◆ Collected data:

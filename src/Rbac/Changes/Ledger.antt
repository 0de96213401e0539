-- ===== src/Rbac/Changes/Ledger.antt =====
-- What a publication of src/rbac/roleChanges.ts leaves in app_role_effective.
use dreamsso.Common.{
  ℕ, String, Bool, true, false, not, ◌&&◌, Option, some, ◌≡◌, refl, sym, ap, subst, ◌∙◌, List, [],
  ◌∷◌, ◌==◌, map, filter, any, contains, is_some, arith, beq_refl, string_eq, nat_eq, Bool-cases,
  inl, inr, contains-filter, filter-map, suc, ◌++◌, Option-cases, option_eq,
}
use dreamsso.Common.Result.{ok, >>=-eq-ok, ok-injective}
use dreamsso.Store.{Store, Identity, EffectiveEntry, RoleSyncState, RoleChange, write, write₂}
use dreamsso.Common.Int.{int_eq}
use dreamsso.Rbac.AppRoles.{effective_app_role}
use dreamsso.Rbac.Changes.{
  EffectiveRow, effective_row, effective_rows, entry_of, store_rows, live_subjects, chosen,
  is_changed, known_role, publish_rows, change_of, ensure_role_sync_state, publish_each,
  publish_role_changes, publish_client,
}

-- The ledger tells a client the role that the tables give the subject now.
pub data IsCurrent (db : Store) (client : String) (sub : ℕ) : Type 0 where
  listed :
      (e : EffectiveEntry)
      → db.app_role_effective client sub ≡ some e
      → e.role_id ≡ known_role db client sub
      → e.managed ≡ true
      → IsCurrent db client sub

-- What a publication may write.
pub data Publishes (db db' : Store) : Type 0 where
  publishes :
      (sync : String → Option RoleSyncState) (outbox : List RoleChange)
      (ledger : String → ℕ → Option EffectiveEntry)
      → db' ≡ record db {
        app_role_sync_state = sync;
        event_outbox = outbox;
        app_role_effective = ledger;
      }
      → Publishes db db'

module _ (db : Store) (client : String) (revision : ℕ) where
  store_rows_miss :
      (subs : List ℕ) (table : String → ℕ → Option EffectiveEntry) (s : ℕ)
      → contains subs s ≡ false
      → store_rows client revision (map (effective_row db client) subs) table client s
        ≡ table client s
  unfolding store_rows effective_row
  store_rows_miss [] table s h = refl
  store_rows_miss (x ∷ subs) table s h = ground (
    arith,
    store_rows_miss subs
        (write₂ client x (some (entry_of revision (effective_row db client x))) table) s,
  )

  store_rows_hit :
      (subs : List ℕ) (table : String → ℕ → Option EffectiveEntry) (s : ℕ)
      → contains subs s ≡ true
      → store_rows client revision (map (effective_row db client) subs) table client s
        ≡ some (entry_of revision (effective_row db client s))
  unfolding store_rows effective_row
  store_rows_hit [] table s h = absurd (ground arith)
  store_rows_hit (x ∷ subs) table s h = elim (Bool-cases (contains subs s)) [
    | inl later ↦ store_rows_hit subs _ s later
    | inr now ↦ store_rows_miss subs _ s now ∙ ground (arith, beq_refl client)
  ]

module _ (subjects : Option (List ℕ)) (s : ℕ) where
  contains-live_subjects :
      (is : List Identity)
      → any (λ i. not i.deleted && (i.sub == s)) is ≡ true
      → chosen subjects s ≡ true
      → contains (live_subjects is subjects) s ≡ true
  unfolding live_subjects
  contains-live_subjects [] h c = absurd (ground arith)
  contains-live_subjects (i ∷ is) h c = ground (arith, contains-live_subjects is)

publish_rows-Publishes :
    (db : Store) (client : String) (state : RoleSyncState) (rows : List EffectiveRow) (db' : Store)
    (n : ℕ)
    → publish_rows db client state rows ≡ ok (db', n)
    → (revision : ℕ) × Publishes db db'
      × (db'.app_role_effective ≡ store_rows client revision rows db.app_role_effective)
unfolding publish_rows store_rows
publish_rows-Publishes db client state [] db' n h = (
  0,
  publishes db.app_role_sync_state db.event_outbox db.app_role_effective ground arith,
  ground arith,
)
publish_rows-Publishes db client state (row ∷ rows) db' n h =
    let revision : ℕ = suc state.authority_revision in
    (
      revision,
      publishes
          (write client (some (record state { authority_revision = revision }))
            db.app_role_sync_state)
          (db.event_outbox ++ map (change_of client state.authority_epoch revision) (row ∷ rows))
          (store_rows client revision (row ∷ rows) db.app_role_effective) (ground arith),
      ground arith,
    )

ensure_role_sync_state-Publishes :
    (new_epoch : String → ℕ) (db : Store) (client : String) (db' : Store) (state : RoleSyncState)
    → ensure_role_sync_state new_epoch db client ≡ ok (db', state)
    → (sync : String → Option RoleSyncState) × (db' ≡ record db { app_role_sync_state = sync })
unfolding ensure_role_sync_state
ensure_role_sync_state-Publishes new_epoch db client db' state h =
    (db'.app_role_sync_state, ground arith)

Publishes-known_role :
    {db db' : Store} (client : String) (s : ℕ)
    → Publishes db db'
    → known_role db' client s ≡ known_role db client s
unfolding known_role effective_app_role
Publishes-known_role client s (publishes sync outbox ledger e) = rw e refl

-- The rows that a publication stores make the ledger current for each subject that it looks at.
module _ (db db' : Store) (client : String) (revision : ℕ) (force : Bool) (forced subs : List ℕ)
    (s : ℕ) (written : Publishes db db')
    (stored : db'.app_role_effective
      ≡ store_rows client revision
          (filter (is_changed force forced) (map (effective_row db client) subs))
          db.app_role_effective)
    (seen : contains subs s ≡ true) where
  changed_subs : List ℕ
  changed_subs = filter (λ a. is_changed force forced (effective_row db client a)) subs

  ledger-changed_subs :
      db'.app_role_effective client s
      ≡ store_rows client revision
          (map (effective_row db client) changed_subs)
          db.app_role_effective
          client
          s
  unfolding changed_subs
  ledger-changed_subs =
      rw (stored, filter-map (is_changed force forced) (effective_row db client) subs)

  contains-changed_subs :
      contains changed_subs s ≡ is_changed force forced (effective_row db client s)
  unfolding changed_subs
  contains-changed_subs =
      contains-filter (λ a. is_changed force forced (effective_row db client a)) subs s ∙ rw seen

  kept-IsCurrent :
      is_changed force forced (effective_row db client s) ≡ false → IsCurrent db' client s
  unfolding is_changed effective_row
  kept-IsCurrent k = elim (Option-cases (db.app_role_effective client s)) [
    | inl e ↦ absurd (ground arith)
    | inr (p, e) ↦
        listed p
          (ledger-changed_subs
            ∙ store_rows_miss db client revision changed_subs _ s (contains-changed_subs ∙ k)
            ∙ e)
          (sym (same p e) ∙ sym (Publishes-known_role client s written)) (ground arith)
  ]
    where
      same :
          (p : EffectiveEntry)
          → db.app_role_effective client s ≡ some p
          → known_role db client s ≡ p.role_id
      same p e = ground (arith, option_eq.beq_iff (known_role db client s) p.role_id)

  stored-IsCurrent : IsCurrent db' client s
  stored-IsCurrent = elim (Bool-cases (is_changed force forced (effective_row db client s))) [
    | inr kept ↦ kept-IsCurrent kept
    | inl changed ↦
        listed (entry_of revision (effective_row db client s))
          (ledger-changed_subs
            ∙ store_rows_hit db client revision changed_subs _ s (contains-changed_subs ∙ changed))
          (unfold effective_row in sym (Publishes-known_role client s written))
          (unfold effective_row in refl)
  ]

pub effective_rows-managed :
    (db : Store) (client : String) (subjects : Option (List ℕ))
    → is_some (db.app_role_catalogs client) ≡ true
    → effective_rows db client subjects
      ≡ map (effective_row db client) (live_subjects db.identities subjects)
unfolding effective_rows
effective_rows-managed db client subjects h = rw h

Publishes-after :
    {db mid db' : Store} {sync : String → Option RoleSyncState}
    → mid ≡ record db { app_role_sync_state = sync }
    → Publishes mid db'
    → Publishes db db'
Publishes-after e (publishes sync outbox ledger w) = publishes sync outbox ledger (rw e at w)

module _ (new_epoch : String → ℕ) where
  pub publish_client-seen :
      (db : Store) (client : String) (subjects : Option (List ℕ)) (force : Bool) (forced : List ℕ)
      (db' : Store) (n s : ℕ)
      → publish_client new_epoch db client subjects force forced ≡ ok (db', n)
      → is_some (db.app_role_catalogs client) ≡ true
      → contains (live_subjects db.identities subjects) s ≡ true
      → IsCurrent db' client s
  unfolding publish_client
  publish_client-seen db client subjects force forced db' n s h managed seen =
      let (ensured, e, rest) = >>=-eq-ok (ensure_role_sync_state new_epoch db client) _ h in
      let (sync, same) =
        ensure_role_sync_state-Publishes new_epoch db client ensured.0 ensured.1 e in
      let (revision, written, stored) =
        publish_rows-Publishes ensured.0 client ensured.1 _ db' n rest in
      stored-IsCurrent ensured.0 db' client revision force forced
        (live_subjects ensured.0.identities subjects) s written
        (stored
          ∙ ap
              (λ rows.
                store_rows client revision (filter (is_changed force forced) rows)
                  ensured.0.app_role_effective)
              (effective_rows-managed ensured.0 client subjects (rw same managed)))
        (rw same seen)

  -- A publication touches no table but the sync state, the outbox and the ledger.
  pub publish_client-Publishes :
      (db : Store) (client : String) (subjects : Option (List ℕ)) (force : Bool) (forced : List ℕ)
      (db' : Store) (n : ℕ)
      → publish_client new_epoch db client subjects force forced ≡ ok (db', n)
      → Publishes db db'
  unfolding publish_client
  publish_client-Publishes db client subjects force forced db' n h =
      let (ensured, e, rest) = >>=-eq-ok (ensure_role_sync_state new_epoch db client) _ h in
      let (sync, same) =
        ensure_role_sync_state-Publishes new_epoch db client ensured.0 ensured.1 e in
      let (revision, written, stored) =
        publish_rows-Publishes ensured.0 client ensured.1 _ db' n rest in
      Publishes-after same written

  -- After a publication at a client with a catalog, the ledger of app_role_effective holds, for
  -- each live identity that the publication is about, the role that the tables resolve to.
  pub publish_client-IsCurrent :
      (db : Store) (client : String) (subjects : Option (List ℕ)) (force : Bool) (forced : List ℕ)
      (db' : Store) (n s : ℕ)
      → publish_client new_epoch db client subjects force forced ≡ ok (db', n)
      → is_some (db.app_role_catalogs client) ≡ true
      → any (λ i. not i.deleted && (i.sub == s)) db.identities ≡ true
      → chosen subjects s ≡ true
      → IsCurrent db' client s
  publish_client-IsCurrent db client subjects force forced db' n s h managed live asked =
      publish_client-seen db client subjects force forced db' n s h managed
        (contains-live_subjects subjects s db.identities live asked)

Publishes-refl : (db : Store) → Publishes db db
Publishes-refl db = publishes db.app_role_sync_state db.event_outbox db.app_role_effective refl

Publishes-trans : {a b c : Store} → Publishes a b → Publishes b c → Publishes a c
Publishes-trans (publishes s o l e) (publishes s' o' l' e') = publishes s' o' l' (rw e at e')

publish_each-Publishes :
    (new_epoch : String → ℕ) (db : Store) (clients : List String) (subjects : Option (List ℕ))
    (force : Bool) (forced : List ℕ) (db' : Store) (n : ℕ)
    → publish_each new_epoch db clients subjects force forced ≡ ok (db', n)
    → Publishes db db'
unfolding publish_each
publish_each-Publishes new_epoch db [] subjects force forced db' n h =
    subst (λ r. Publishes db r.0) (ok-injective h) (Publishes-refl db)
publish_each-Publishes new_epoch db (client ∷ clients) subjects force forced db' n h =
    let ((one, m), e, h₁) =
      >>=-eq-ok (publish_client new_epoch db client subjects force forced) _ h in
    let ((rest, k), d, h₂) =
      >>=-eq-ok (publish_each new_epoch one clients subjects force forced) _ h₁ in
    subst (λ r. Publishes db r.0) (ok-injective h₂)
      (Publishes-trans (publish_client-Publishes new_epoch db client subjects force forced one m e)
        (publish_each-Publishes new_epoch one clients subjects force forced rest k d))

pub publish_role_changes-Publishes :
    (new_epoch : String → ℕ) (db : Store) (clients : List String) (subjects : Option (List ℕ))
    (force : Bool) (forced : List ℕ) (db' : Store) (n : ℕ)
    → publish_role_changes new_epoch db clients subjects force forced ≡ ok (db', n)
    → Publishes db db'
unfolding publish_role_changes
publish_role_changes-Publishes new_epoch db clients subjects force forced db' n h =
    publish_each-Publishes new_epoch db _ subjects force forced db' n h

◆ TASK DETAILS: Single out each line of the records above with the string "module" in it, and copy it.

◆ RESPONSE AREA:
module _ (db : Store) (client : String) (revision : ℕ) where
module _ (subjects : Option (List ℕ)) (s : ℕ) where
module _ (db db' : Store) (client : String) (revision : ℕ) (force : Bool) (forced subs : List ℕ)
module _ (new_epoch : String → ℕ) where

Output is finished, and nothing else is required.